A entrada massiva de marroquinos em Ceuta ocorre num contexto de tensão diplomática com Marrocos, após a hospitalização em Espanha do líder do movimento de independência saharaui Frente Polisario, que estava a ser tratado e a recuperar da infeção por Covid-19.
O chefe da diplomacia marroquina Nasser Bourita convocou, em abril, o embaixador espanhol para expressar "incompreensão e exasperação" e "pedir explicações" após a receção em Espanha do secretário-geral da Polisario. O Ministério dos Negócios Estrangeiros justificou a receção do dirigente saharaui, a pedido da Argélia, "por razões estritamente humanitárias", mas Marrocos considerou o gesto uma decisão "premeditada" e tomada "nas costas de um parceiro e vizinho".
Durante as declarações desta terça-feira, o ministro espanhol da Administração Interna minimizou este conflito e sublinhou que o Executivo espanhol tem “uma relação absolutamente frutífera com o Governo de Marrocos em questões de migração”. “Vemos como muitas pessoas morrem no mar. Estamos perante uma crise migratória contínua. Esta é uma situação excecional, mas conseguimos reverter a situação”, afirmou Grande-Marlaska.
Pelo menos cinco mil migrantes, incluindo mil menores, já tinham chegado a Ceuta na segunda-feira ao longo do dia, tratando-se, segundo as autoridades espanholas, de um número “recorde”. Nem mesmo nas épocas de maior pressão migratória foram alcançados números semelhantes.
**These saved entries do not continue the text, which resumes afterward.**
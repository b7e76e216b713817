-- ===== src/Stream/Send/Delivery.antt =====
-- What a `send` puts on the wire, whatever happens while it is parked.
use anyserial.Base.{
  ℕ, ◌≡◌, refl, sym, ap, ◌∙◌, List, [], ◌∷◌, ◌++◌, take, drop, take-append-drop, ℤ, if_intro,
}
use mathlib.Core.List.{append_assoc, append-nil}
use anyserial.Errors.{Result, ok, raise, is_retry}
use anyserial.Backend.Protocol.{SyncBackend, WritesFromFront}
use anyserial.Stream.Port.{Port, Task, Wake, ready, threw, Outcome, finished, parked}
use anyserial.Stream.Send.{start_send, resume_send, send_loop, after_write}

module _ {B : Type 0} (be : SyncBackend B) where
  -- What the other coroutines do to the port while the send is parked, and how it is woken then.
  abbrev pub Turn : Type 0
  Turn = (Port B → Port B) × Wake

  -- The send is resumed at each turn until it ends.
  unfoldable pub attend : List Turn → Port B × Outcome → Port B × Outcome
  attend [] x = x
  attend (turn ∷ turns) (p, parked (Task.sending rest fd)) =
      attend turns (resume_send be rest fd turn.1 (turn.0 p))
  attend (turn ∷ turns) x = x

  module _ (wire : B → List ℕ) where
    -- The others write nothing: the send guard is held.
    abbrev pub LeaveWire : List Turn → Type 0
    LeaveWire [] = Unit
    LeaveWire (turn ∷ turns) =
        ((p : Port B) → wire (turn.0 p).backend ≡ wire p.backend) × LeaveWire turns

    -- `rest` is still to go: what came before it went out, once and in order.
    pub record Sent (before xs rest : List ℕ) (p : Port B) : Type 0 where
      pub sent : List ℕ
      pub went : wire p.backend ≡ before ++ sent
      pub whole : sent ++ rest ≡ xs

    -- A send that returned has sent everything, and one that raised, or waits, a prefix.
    abbrev pub Delivered : List ℕ → List ℕ → Port B × Outcome → Type 0
    Delivered before xs (p, finished (ok r)) = wire p.backend ≡ before ++ xs
    Delivered before xs (p, finished (raise e)) = (rest : List ℕ) × Sent before xs rest p
    Delivered before xs (p, parked (Task.sending rest fd)) = Sent before xs rest p
    Delivered before xs (p, parked t) = ⊥

    module _ (law : WritesFromFront be wire) (before xs : List ℕ) where
      send_loop-Delivered :
          (rest : List ℕ) (fd : ℤ) (p : Port B)
          → Sent before xs rest p
          → Delivered before xs (send_loop be rest fd p)
      unfolding send_loop
      send_loop-Delivered [] fd p s =
          s.went ∙ ap (λ (l : List ℕ). before ++ l) (sym (append-nil s.sent) ∙ s.whole)
      send_loop-Delivered (x ∷ rest) fd p s = s

      after_write-Delivered :
          (rest : List ℕ) (fd : ℤ) (p : Port B) (r : Result ℕ)
          → Sent before xs rest p
          → (be.write_nonblocking rest p.backend).0 ≡ r
          → Delivered before xs (
              after_write be rest fd
                (record p { backend = (be.write_nonblocking rest p.backend).1 })
                r)
      unfolding after_write
      after_write-Delivered rest fd p (ok n) s h =
          let q = record p { backend = (be.write_nonblocking rest p.backend).1 } in
          send_loop-Delivered (drop n rest) fd q (record {
            sent = s.sent ++ take n rest;
            went =
                (law.accepted rest p.backend n h).1
                ∙ ap (λ (l : List ℕ). l ++ take n rest) s.went
                ∙ append_assoc before s.sent (take n rest);
            whole =
                append_assoc s.sent (take n rest) (drop n rest)
                ∙ ap (λ (l : List ℕ). s.sent ++ l) (take-append-drop n rest)
                ∙ s.whole;
          })
      after_write-Delivered rest fd p (raise e) s h =
          let went = law.refused rest p.backend e h ∙ s.went in
          let sent = s.sent in
          let whole = s.whole in
          if_intro (Delivered before xs) (is_retry e) _ _
            (record { sent = sent; went = went; whole = whole })
            (rest, (record { sent = sent; went = went; whole = whole }))

      resume_send-Delivered :
          (rest : List ℕ) (fd : ℤ) (k : Wake) (p : Port B)
          → Sent before xs rest p
          → Delivered before xs (resume_send be rest fd k p)
      unfolding resume_send
      resume_send-Delivered rest fd (threw e) p s =
          (rest, (record { sent = s.sent; went = s.went; whole = s.whole }))
      resume_send-Delivered rest fd ready p s =
          if_intro (Delivered before xs) p.closed _ _
            (rest, (record { sent = s.sent; went = s.went; whole = s.whole }))
            (after_write-Delivered rest fd p (be.write_nonblocking rest p.backend).0 s refl)

      attend-Delivered :
          (turns : List Turn) (x : Port B × Outcome)
          → LeaveWire turns
          → Delivered before xs x
          → Delivered before xs (attend turns x)
      unfolding attend
      attend-Delivered [] x w d = d
      attend-Delivered (turn ∷ turns) (p, parked (Task.sending rest fd)) w d =
          attend-Delivered turns (resume_send be rest fd turn.1 (turn.0 p)) w.1 (
            resume_send-Delivered rest fd turn.1 (turn.0 p)
              (record { sent = d.sent; went = w.0 p ∙ d.went; whole = d.whole }))
      attend-Delivered (turn ∷ turns) (p, finished (ok r)) w d = d
      attend-Delivered (turn ∷ turns) (p, finished (raise e)) w d = d
      attend-Delivered (turn ∷ turns) (p, parked t) w d = elim d [ ]

  start_send-Delivered :
      (wire : B → List ℕ) (xs : List ℕ) (p : Port B)
      → Delivered wire (wire p.backend) xs (start_send be xs p)
  unfolding start_send
  start_send-Delivered wire [] p =
      if_intro (Delivered wire (wire p.backend) []) p.closed _ _
        ([], (record { sent = []; went = sym (append-nil _); whole = refl })) (sym (append-nil _))
  start_send-Delivered wire (x ∷ xs) p =
      if_intro (Delivered wire (wire p.backend) (x ∷ xs)) p.send_guard _ _
        (x ∷ xs, (record { sent = []; went = sym (append-nil _); whole = refl }))
        (if_intro (Delivered wire (wire p.backend) (x ∷ xs)) p.closed _ _
          (x ∷ xs, (record { sent = []; went = sym (append-nil _); whole = refl }))
          (record { sent = []; went = sym (append-nil _); whole = refl }))

  -- A backend takes bytes from the front of what it is given, as many as it says. However often
  -- it takes less than all of it, or nothing, or asks to be tried again, and whatever else the
  -- event loop runs in between that does not write: a `send` that returns has put its bytes on
  -- the wire exactly once and in order, after those that were there; and where it raises or
  -- still waits, exactly a prefix of them.
  pub attend-start_send :
      (wire : B → List ℕ)
      → WritesFromFront be wire
      → (xs : List ℕ) (p : Port B) (turns : List Turn) → LeaveWire wire turns
      → Delivered wire (wire p.backend) xs (attend turns (start_send be xs p))
  attend-start_send wire law xs p turns w =
      attend-Delivered wire law (wire p.backend) xs turns (start_send be xs p) w
        (start_send-Delivered wire xs p)
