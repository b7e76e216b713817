-- ===== src/Stream/Send/Progress.antt =====
-- A `send` ends: each turn of an open port takes at least one byte off the rest.
use anyserial.Base.{
  ℕ, zero, suc, ◌≤◌, ◌≡◌, refl, true, false, List, [], ◌∷◌, length, drop, length-drop, arith, ℤ,
}
use native.Mathlib.Nat.{le_refl}
use anyserial.Errors.{Result, ok}
use anyserial.Backend.Protocol.{SyncBackend}
use anyserial.Stream.Port.{Port, ready, Reply, finished}
use anyserial.Stream.Send.{start_send, resume_send, send_loop}
use anyserial.Stream.Send.Delivery.{Turn, attend}

module _ {B : Type 0} (be : SyncBackend B) where
  -- In the states in which it is writable, a backend takes something of what it is given, and is
  -- writable again.
  pub record TakesSome (Writable : B → Type 0) : Type 0 where
    pub some_of :
        (x : ℕ) (xs : List ℕ) (b : B)
        → Writable b
        → (n : ℕ) × ((be.write_nonblocking (x ∷ xs) b).0 ≡ ok (suc n))
    pub still :
        (x : ℕ) (xs : List ℕ) (b : B) → Writable b → Writable (be.write_nonblocking (x ∷ xs) b).1

  -- So many turns in which the port is found writable and nothing else runs.
  abbrev pub ready_turns : ℕ → List (Turn {B = B} be)
  ready_turns zero = []
  ready_turns (suc n) = (λ p. p, ready) ∷ ready_turns n

  attend-finished :
      (turns : List (Turn be)) (p : Port B) (r : Result Reply)
      → attend be turns (p, finished r) ≡ (p, finished r)
  unfolding attend
  attend-finished [] p r = refl
  attend-finished (turn ∷ turns) p r = refl

  -- One turn of an open port takes what the backend takes off the rest.
  turn_taken :
      (rest : List ℕ) (fd : ℤ) (p : Port B) (n : ℕ)
      → p.closed ≡ false
      → (be.write_nonblocking rest p.backend).0 ≡ ok n
      → resume_send be rest fd ready p
        ≡ send_loop be
            (drop n rest)
            fd
            (record p { backend = (be.write_nonblocking rest p.backend).1 })
  unfolding resume_send
  turn_taken rest fd p n h e = ground arith

  module _ (Writable : B → Type 0) (law : TakesSome Writable) where
    -- With as many turns as there are bytes left, or more, the loop ends with the last byte.
    attend_ends :
        (n : ℕ) (rest : List ℕ) (fd : ℤ) (p : Port B)
        → length rest ≤ n
        → p.closed ≡ false
        → Writable p.backend
        → (attend be (ready_turns n) (send_loop be rest fd p)).1 ≡ finished (ok Reply.nothing)
    unfolding attend send_loop
    attend_ends n [] fd p h open_still w = rw attend-finished
    attend_ends zero (x ∷ rest) fd p h open_still w = absurd (omega arith)
    attend_ends (suc n) (x ∷ rest) fd p h open_still w =
        let (taken, e) = law.some_of x rest p.backend w in
        let b = (be.write_nonblocking (x ∷ rest) p.backend).1 in
        rw (turn_taken (x ∷ rest) fd p (suc taken) open_still e) (
          attend_ends n (drop taken rest) fd (record p { backend = b })
            (omega (arith, length-drop taken rest)) open_still (law.still x rest p.backend w))

  started :
      (x : ℕ) (xs : List ℕ) (p : Port B)
      → p.closed ≡ false
      → p.send_guard ≡ false
      → start_send be (x ∷ xs) p
        ≡ send_loop be (x ∷ xs) (be.fileno p.backend) (record p { send_guard = true })
  unfolding start_send send_loop
  started x xs p h g = ground arith

  -- A backend that is writable takes at least one byte of a write and is writable again: on such a
  -- backend, a `send` on an open port whose send guard is free returns without an error, after no
  -- more turns than it has bytes.
  pub send_ends :
      (Writable : B → Type 0)
      → TakesSome Writable
      → (xs : List ℕ) (p : Port B) → p.closed ≡ false
      → Writable p.backend
      → p.send_guard ≡ false
      → (attend be (ready_turns (length xs)) (start_send be xs p)).1 ≡ finished (ok Reply.nothing)
  unfolding start_send send_loop attend
  send_ends Writable law [] p h w g = ground arith
  send_ends Writable law (x ∷ xs) p h w g =
      let q = record p { send_guard = true } in
      rw (started x xs p h g) (
        attend_ends Writable law (length (x ∷ xs)) (x ∷ xs) (be.fileno p.backend) q (le_refl _) h w)
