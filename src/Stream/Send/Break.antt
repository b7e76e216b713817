-- ===== src/Stream/Send/Break.antt =====
-- `send_break` releases the BREAK however its sleep ends.
use anyserial.Base.{Bool, true, false, ◌≡◌, refl, arith}
use anyserial.Errors.{Exn, Result, ok, raise, is_os_error}
use anyserial.Config.{Seconds}
use anyserial.Backend.Protocol.{SyncBackend}
use anyserial.Stream.Port.{Port, Task, Wake, Outcome, finished, parked}
use anyserial.Stream.Send.{start_send_break, resume_send_break, slept}

module _ {B : Type 0} (be : SyncBackend B) where
  -- The documented behaviour of `set_break`: the line is as asked for when the call returns.
  pub record SwitchesBreak (asserted : B → Bool) : Type 0 where
    pub switched :
        (on : Bool) (b : B) (u : Unit {0})
        → (be.set_break on b).0 ≡ ok u
        → asserted (be.set_break on b).1 ≡ on

  -- What a break leaves behind: the guard is free, the line is released unless the backend
  -- refused, and a refusal with an OSError does not hide how the sleep ended; any other does.
  pub record Released (asserted : B → Bool) (refused : Result (Unit {0})) (k : Wake) (q : Port B)
      (o : Outcome) : Type 0 where
    pub guard_free : q.send_guard ≡ false
    pub line : (u : Unit {0}) → refused ≡ ok u → asserted q.backend ≡ false
    pub accepted : (u : Unit {0}) → refused ≡ ok u → o ≡ finished (slept k)
    pub suppressed : (e : Exn) → refused ≡ raise e → is_os_error e ≡ true → o ≡ finished (slept k)
    pub raised : (e : Exn) → refused ≡ raise e → is_os_error e ≡ false → o ≡ finished (raise e)

  release-Released :
      (asserted : B → Bool)
      → SwitchesBreak asserted
      → (k : Wake) (p : Port B)
      → let (q, o) = resume_send_break be k p in
        Released asserted (be.set_break false p.backend).0 k q o
  unfolding resume_send_break
  release-Released asserted law k p = record {
    guard_free = refl;
    line = λ u h. law.switched false p.backend u h;
    accepted = λ u h. ground arith;
    suppressed = λ e h o. ground arith;
    raised = λ e h o. ground arith;
  }

  parked_then :
      (d : Seconds) (p : Port B) (t : Task)
      → (start_send_break be d p).1 ≡ parked t
      → t ≡ Task.breaking d
  unfolding start_send_break
  parked_then d p t h = ground arith

  asserted_then :
      (asserted : B → Bool)
      → SwitchesBreak asserted
      → (d : Seconds) (p : Port B) (t : Task) → (start_send_break be d p).1 ≡ parked t
      → asserted (start_send_break be d p).0.backend ≡ true
  unfolding start_send_break
  asserted_then asserted law d p t h = ground (arith, law.switched true p.backend tt)

  -- On a backend whose `set_break` leaves the line as asked for: when `send_break` goes to sleep the
  -- line is asserted. Whatever happens to the port meanwhile, and however the sleep ends, the
  -- coroutine then ends, the send guard is free and the line has been released if the backend lets
  -- it. Where the release returns or fails with an OSError the caller sees how the sleep ended, and
  -- where it raises anything else, that.
  pub break-Released :
      (asserted : B → Bool)
      → SwitchesBreak asserted
      → (d : Seconds) (p : Port B) (t : Task) → (start_send_break be d p).1 ≡ parked t
      → (asserted (start_send_break be d p).0.backend ≡ true)
        × (t ≡ Task.breaking d)
        × ((k : Wake) (p' : Port B)
            → let (q, o) = resume_send_break be k p' in
              Released asserted (be.set_break false p'.backend).0 k q o)
  break-Released asserted law d p t h = (
    asserted_then asserted law d p t h,
    parked_then d p t h,
    λ k p'. release-Released asserted law k p',
  )
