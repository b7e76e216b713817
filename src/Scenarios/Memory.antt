-- ===== src/Scenarios/Memory.antt =====
-- A socket held in memory, which sends two bytes at a time, and a pair of mocks on it.
use anyserial.Base.{
  ℕ, suc, ◌≤◌, ◌≡◌, refl, true, false, Bool, some, List, [], ◌∷◌, ◌++◌, length, take, drop, pos,
  length-take, arith, inr,
}
use anyserial.Errors.{is_blocking, Errno, Result, ok, raise}
use anyserial.Config.{default_config}
use anyserial.Backend.Protocol.{SyncBackend}
use anyserial.Stream.Port.{Port}
use anyserial.Stream.Receive.Reading.{ReadsWithin}
use anyserial.Stream.Send.Progress.{TakesSome}
use anyserial.Stream.Send.Break.{SwitchesBreak}
use anyserial.Mock.{
  Socket, Mock, MockState, mock_backend, mock_error, read_nonblocking, set_break, new_state,
  no_faults, write_nonblocking, send_some, sliced,
}
use anyserial.Mock.Wire.{SendsFromFront}
use anyserial.Mock.Reset.{ReceivesQueued}

pub record Memory : Type 0 where
  pub incoming : List ℕ
  pub outgoing : List ℕ

abbrev recv_from : ℕ → List ℕ → Memory → Result (List ℕ) × Memory
recv_from n [] s = (raise (mock_error Errno.eagain "would block"), s)
recv_from n (x ∷ xs) s = (ok (take n (x ∷ xs)), record s { incoming = drop n (x ∷ xs) })

abbrev peek_from : ℕ → List ℕ → Memory → Result (List ℕ) × Memory
peek_from n [] s = (raise (mock_error Errno.eagain "would block"), s)
peek_from n (x ∷ xs) s = (ok (take n (x ∷ xs)), s)

abbrev pub memory_socket : Socket Memory
memory_socket = record {
  fileno = λ s. pos 7;
  close = λ s. s;
  recv = λ n s. recv_from n s.incoming s;
  peek = λ n s. peek_from n s.incoming s;
  send = λ d s. (ok (length (take 2 d)), record s { outgoing = s.outgoing ++ take 2 d });
}

abbrev pub outgoing : Memory → List ℕ
outgoing s = s.outgoing

abbrev pub incoming : Memory → List ℕ
incoming s = s.incoming

abbrev pub enough : Memory → ℕ
enough s = suc (length s.incoming)

abbrev front_of : List ℕ → List ℕ
front_of d = take (length (take 2 d)) d

two_taken : (d : List ℕ) → take 2 d ≡ front_of d
two_taken [] = refl
two_taken (x ∷ []) = refl
two_taken (x ∷ y ∷ d) = refl

two_within : (d : List ℕ) → length (take 2 d) ≤ length d
two_within d = omega (arith, length-take 2 d)

pub memory-SendsFromFront : SendsFromFront memory_socket outgoing
memory-SendsFromFront = record {
  accepted = λ d s n h. ground (arith, two_taken d, two_within d);
  refused = λ d s e h. ground arith;
}

pub memory-ReceivesQueued : ReceivesQueued memory_socket incoming
unfolding is_blocking
memory-ReceivesQueued = record {
  some_queued = λ n x xs s h. rw h (n, take n xs, x, refl, refl);
  none_queued = λ n s h. rw h (refl, inr (mock_error Errno.eagain "would block", refl, refl));
}

abbrev pub memory_backend : SyncBackend (Mock Memory)
memory_backend = mock_backend memory_socket enough

recv_within :
    (n : ℕ) (queued : List ℕ) (s : Memory) (xs : List ℕ)
    → (recv_from n queued s).0 ≡ ok xs
    → length xs ≤ n
recv_within n [] s xs h = cc
recv_within n (x ∷ queued) s xs h = ground (arith, length-take n (x ∷ queued))

pub memory-ReadsWithin : ReadsWithin memory_backend
unfolding read_nonblocking
memory-ReadsWithin = record {
  fits = λ n m xs h. ground (arith, recv_within n m.this.sock.incoming m.this.sock xs);
}

abbrev pub break_line : Mock Memory → Bool
break_line m = m.this.break_asserted

pub memory-SwitchesBreak : SwitchesBreak memory_backend break_line
unfolding set_break
memory-SwitchesBreak = record { switched = λ on m u h. refl }

-- The mock without a fault plan, of which every write takes something
abbrev pub Unhindered : Mock Memory → Type 0
Unhindered m = m.this.faults ≡ no_faults

pub memory-TakesSome : TakesSome memory_backend Unhindered
unfolding write_nonblocking send_some sliced
memory-TakesSome = record {
  some_of = λ x xs m h. rw h (length (take 1 xs), refl);
  still = λ x xs m h. simp h;
}

-- A mock with three bytes to read, and a port on it.
abbrev pub near_end : MockState Memory
near_end = new_state (record { incoming = 1 ∷ 2 ∷ 3 ∷ []; outgoing = [] }) "/dev/mockA"

abbrev pub far_end : MockState Memory
far_end = new_state (record { incoming = []; outgoing = [] }) "/dev/mockB"

abbrev pub mock : Mock Memory
mock = record { this = near_end; peer = some far_end }

abbrev pub port : Port (Mock Memory)
port = record {
  backend = mock;
  config = default_config;
  closed = false;
  receive_guard = false;
  send_guard = false;
}

abbrev pub closed_port : Port (Mock Memory)
closed_port = record port { closed = true }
O recorde mais recente foi quebrado em novembro do ano passado, quando cerca de 1500 pessoas entraram nas Ilhas Canárias num único dia e um total de 2200 migrantes desembarcou durante o fim-de-semana de 7 e 8 de novembro.
No ano passado, 41.861 migrantes chegaram de forma irregular a Espanha, por via marítima e por via terrestre, um aumento de 29 por cento em relação a 2019, em parte por causa da forte pressão migratória verificada nas Ilhas Canárias, segundo dados oficiais.